Loss Functions

Why

We compare inductors by comparing the relations they produce. We can compare relations by similarity functions.

Definition

Let $X$ and $Y$ be sets. Let $\mathcal{R} $ be the set of relations between $X$ and $Y$. Let $\mathcal{H} \subset \mathcal{R} $ be a set of hypothesis relations.

Given a similarity function $d: \mathcal{R} \times \mathcal{R} \to \R $ we can consider

A loss function is a nonnegative real-valued function on pairs which is zero only on repeated pairs. It need not be symmetric. A loss function is often also called a cost or risk function.
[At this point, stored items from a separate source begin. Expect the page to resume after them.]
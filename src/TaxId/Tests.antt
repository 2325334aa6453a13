-- ===== src/TaxId/Tests.antt =====
-- Runs of the checks of taxpayer numbers, and the theorems at those numbers.
use tax_deeds.TaxId.Cleaning.{normalize_doc_sound, IsValidDoc, IsCleaned}
use tax_deeds.TaxId.Checks.{valid_cnpj_iff, valid_cpf_iff, IsCpf, IsCnpj}
use tax_deeds.Text.{to_upper, codes}
use tax_deeds.Samples.{ascii}
use tax_deeds.TaxId.{digit_at, weigh, cpf_round, cnpj_round, valid_cpf, valid_cnpj, normalize_doc}
use tax_deeds.Base.{◌≡◌, refl, ◌↔◌, true, false, none, some, []}

good_cpf : valid_cpf (codes "52998224725") ≡ true
unfolding valid_cpf cpf_round weigh digit_at
good_cpf = refl

bad_cpf : valid_cpf (codes "52998224726") ≡ false
unfolding valid_cpf cpf_round weigh digit_at
bad_cpf = refl

good_cnpj : valid_cnpj (codes "11222333000181") ≡ true
unfolding valid_cnpj cnpj_round weigh digit_at
good_cnpj = refl

valid_cpf_iff_example : (valid_cpf (codes "52998224725") ≡ true) ↔ IsCpf (codes "52998224725")
valid_cpf_iff_example = valid_cpf_iff (codes "52998224725")

valid_cnpj_iff_example :
    (valid_cnpj (codes "11222333000181") ≡ true) ↔ IsCnpj (codes "11222333000181")
valid_cnpj_iff_example = valid_cnpj_iff (codes "11222333000181")

normalize_doc_sound_example :
    let (doc, flag) = normalize_doc ascii (codes "529.982.247-25") in
    IsCleaned (to_upper ascii (codes "529.982.247-25")) doc
    × ((flag ≡ none) ↔ (doc ≡ []))
    × ((flag ≡ some true) ↔ IsValidDoc doc)
normalize_doc_sound_example = normalize_doc_sound ascii (codes "529.982.247-25")
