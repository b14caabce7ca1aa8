-- ===== src/Nix/Command.antt =====
-- The data of `NixQueueCmd` and of its `QueueCmdMetadata` (pg_cmdqd/queuecmdmetadata.h), and the
-- parameters of the `UPDATE`. A time is a number of microseconds, the unit of the clock that
-- `unix_timestamp` reads. `cmd_queued_since`, which nothing sets or reads, is left out, and where the constructor leaves a time unset it is 0.
use pg_cmd_queue.Base.{
  ℕ, zero, ℤ, pos, negsuc, Bool, true, false, Option, none, some, List, [], ◌∷◌, Bytes, length, ltb,
  if◌then◌else◌, ◌%◌, ◌-◌,
}

pub record QueueCmdMetadata : Type 0 where
  pub cmd_class_identity : Bytes
  pub cmd_class_relname : Bytes
  pub cmd_id : Bytes
  pub cmd_subid : Option Bytes
  pub cmd_runtime_start : ℕ
  pub cmd_runtime_end : ℕ
  pub is_valid : Bool

unfoldable pub stamp_start_time : ℕ → QueueCmdMetadata → QueueCmdMetadata
stamp_start_time now meta = record meta { cmd_runtime_start = now }

unfoldable pub stamp_end_time : ℕ → QueueCmdMetadata → QueueCmdMetadata
stamp_end_time now meta = record meta { cmd_runtime_end = now }

pub record NixQueueCmd : Type 0 where
  pub is_valid : Bool
  pub flush_stderr_pos : ℕ
  pub meta : QueueCmdMetadata
  pub cmd_argv : List Bytes
  pub cmd_env : List (Bytes × Bytes)
  pub cmd_stdin : Bytes
  pub cmd_term_sig : Option ℤ
  pub cmd_exit_code : Option ℕ
  pub cmd_stdout : Bytes
  pub cmd_stderr : Bytes

-- The constructors that take the fields; neither sets `_is_valid`.
unfoldable pub new_metadata : Bytes → Bytes → Bytes → Option Bytes → QueueCmdMetadata
new_metadata identity relname cmd_id cmd_subid = record {
  cmd_class_identity = identity;
  cmd_class_relname = relname;
  cmd_id = cmd_id;
  cmd_subid = cmd_subid;
  cmd_runtime_start = 0;
  cmd_runtime_end = 0;
  is_valid = false;
}

unfoldable pub new_nix_queue_cmd :
    Bytes → Bytes → Bytes → Option Bytes → List Bytes → List (Bytes × Bytes) → Bytes → NixQueueCmd
new_nix_queue_cmd identity relname cmd_id cmd_subid argv env stdin = record {
  is_valid = false;
  flush_stderr_pos = 0;
  meta = new_metadata identity relname cmd_id cmd_subid;
  cmd_argv = argv;
  cmd_env = env;
  cmd_stdin = stdin;
  cmd_term_sig = none;
  cmd_exit_code = none;
  cmd_stdout = [];
  cmd_stderr = [];
}

-- `queue_cmd.meta.stamp_start_time()` and its counterpart.
abbrev pub started : ℕ → NixQueueCmd → NixQueueCmd
started now cmd = record cmd { meta = stamp_start_time now cmd.meta }

abbrev pub ended : ℕ → NixQueueCmd → NixQueueCmd
ended now cmd = record cmd { meta = stamp_end_time now cmd.meta }

abbrev pub is_zero : Option ℕ → Bool
is_zero (some zero) = true
is_zero _ = false

unfoldable pub cmd_succeeded : NixQueueCmd → Bool
cmd_succeeded cmd = is_zero cmd.cmd_exit_code

-- `formatString("%f", …)` of a time and `PQ::as_text` of an `int` are the C library's printing.
module _ (format_time : ℕ → Bytes) (to_string : ℤ → Bytes) where
  abbrev pub as_text : Option ℤ → Option Bytes
  as_text none = none
  as_text (some i) = some (to_string i)

  abbrev pub code_text : Option ℕ → Option Bytes
  code_text none = none
  code_text (some i) = some (to_string (pos i))

  unfoldable pub update_params : NixQueueCmd → List (Option Bytes)
  update_params cmd =
      some cmd.meta.cmd_id
      ∷ cmd.meta.cmd_subid
      ∷ some (format_time cmd.meta.cmd_runtime_start)
      ∷ some (format_time cmd.meta.cmd_runtime_end)
      ∷ code_text cmd.cmd_exit_code
      ∷ as_text cmd.cmd_term_sig
      ∷ some cmd.cmd_stdout
      ∷ some cmd.cmd_stderr
      ∷ []

-- `(const int)` of a `size_t`: 32 bits, the upper half of which are the negative numbers.
unfoldable pub as_int : ℕ → ℤ
as_int n =
    let bits = n % 4294967296 in
    if ltb bits 2147483648 then pos bits else negsuc (4294967295 - bits)

unfoldable pub update_param_lengths : NixQueueCmd → List ℤ
update_param_lengths cmd =
    negsuc 0
    ∷ negsuc 0
    ∷ negsuc 0
    ∷ negsuc 0
    ∷ negsuc 0
    ∷ negsuc 0
    ∷ as_int (length cmd.cmd_stdout)
    ∷ as_int (length cmd.cmd_stderr)
    ∷ []

unfoldable pub update_param_formats : List ℕ
update_param_formats = 0 ∷ 0 ∷ 0 ∷ 0 ∷ 0 ∷ 0 ∷ 1 ∷ 1 ∷ []
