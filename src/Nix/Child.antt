-- ===== src/Nix/Child.antt =====
-- `NixQueueCmd::run_cmd` (pg_cmdqd/nixqueuecmd.cpp) in the forked child, up to `execvp()`. The
-- calls that matter to the command are recorded; what the kernel answers is given.
pub mod Execs
pub mod Row
use pg_cmd_queue.Base.{
  ℕ, zero, suc, ◌+◌, ◌-◌, ℤ, pos, Bool, true, false, Option, none, some, List, [], ◌∷◌, ◌++◌, Bytes,
  codes, if◌then◌else◌, Result, ok, err, out_of_range, null_this, out_of_fuel, ◌>>=◌,
}
use pg_cmd_queue.Sys.Environ.{Env, assign_var}
use pg_cmd_queue.Sys.PipeFds.{PipeFds, CloseAnswer, close_read_fd, close_write_fd}
use pg_cmd_queue.Nix.Command.{NixQueueCmd}

-- `dup2` succeeds, is interrupted, or fails.
pub data DupAnswer : Type 0 where
  dupped dup_interrupted dup_failed : DupAnswer

-- The descriptors that are duplicated, the others that are closed, and whether signals are masked.
pub record Child : Type 0 where
  pub dups : List (ℕ × ℕ)
  pub closes : List ℕ
  pub masked : Bool

-- `while ((dup2(from, to) == -1) && (errno == EINTR)) {}`: a failure is passed over.
unfoldable pub dup_loop : ℕ → ℕ → List DupAnswer → Child → Result Child
dup_loop from to [] c = err out_of_fuel
dup_loop from to (dupped ∷ answers) c = ok (record c { dups = c.dups ++ (from, to) ∷ [] })
dup_loop from to (dup_interrupted ∷ answers) c = dup_loop from to answers c
dup_loop from to (dup_failed ∷ answers) c = ok c

-- `for (rlim_t i = 3; i < rlim.rlim_cur; ++i) close (i);`: `n` descriptors from `i` on.
abbrev pub close_from : ℕ → ℕ → List ℕ
close_from i zero = []
close_from i (suc n) = i ∷ close_from (i + 1) n

-- `clearenv()`, and the variables that are then set.
abbrev pub set_vars : Env → Env → Env
set_vars environ [] = environ
set_vars environ ((name, value) ∷ vars) = set_vars (assign_var name value environ) vars

unfoldable pub child_environ : Bytes → Env → Env
child_environ path cmd_env = set_vars (assign_var (codes "PATH") path []) cmd_env

-- How the child ends: the program that is executed, with its arguments and its environment, or an
-- exit.
pub data ChildEnd : Type 0 where
  executes : Bytes → List Bytes → Env → Child → ChildEnd
  child_exits : ℤ → ChildEnd

-- `execvp` of the first argument. `cmd_argv[0]` of no arguments is out of range.
unfoldable pub exec_argv : Bool → List Bytes → Env → Child → Result ChildEnd
exec_argv exec_ok [] environ c = err out_of_range
exec_argv exec_ok (arg ∷ args) environ c =
    if exec_ok then ok (executes arg (arg ∷ args) environ c) else ok (child_exits (pos 127))

-- What the kernel answers to the three `dup2` loops; `rlim_cur`, and whether `setpgid` and `execvp`
-- succeed.
pub record Answers : Type 0 where
  pub dup_stdin : List DupAnswer
  pub dup_stdout : List DupAnswer
  pub dup_stderr : List DupAnswer
  pub rlim_cur : ℕ
  pub setpgid_ok : Bool
  pub exec_ok : Bool

-- The ends of the pipes that the child does not need have been closed. `path` is the variable, if
-- it is set; without it a string is made of a null pointer. `fork()` was called with signals masked.
unfoldable pub run_forked_child : ℕ → ℕ → ℕ → Option Bytes → Answers → NixQueueCmd → Result ChildEnd
run_forked_child stdin_read stdout_write stderr_write path a cmd =
    dup_loop stdin_read 0 a.dup_stdin (record { dups = []; closes = []; masked = true }) >>= λ c1.
    dup_loop stdout_write 1 a.dup_stdout c1 >>= λ c2.
    dup_loop stderr_write 2 a.dup_stderr c2 >>= λ c3.
    let c4 : Child = record c3 { closes = close_from 3 (a.rlim_cur - 3) } in
    if a.setpgid_ok
    then elim path [
      | none ↦ err null_this
      | some text ↦
          exec_argv a.exec_ok cmd.cmd_argv (child_environ text cmd.cmd_env)
            (record c4 { masked = false })
    ]
    else ok (child_exits (pos 128))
We use loss functions to judge a prediction in comparison to the recorded postcept. The first argument of the loss function is the predicted postcept and the second is the recorded (observed, true, recorded) postcept.

The loss of a predictor on a pair is the result of the loss function on the pair. Similarly, the loss of a predictor on a dataset of record pairs is the sum of the losses on the pairs of the dataset. Likewise, the average loss of a predictor is the loss of the predictor on the dataset divided by the size of the dataset. The average loss is also known as the empirical risk of the predictor on the dataset.

Notation

Let $(a, b) \in A \times B$; $A, B \neq \varnothing$. For a lost function $\loss: B \cross B \to \R $ and predictor $f: A \to B$, the loss of $f$ on $(a, b)$ is $\loss(f(a),b)$. Let $s = ((a^1, b^1), \dots , (a^n, b^n))$ be a record sequence. The loss of $f$ on $s$ is $\sum_{k = 1}^{n} \loss(f(a^k), b^k)$. The average loss of $f$ on $s$ is $(1/n)\sum_{k = 1}^{n} \loss(f(a^k), b^k)$.

Training and test loss

Recall that $s$ is a dataset of records pairs in $A \times B$. We call a predictor $f: A \to B$ an interpolator of the dataset $s$ if, for each pair $(a^i, b^i)$ in the dataset, $f(a^i) = b^i$. An interpolator achieves zero loss on the dataset it interpolates.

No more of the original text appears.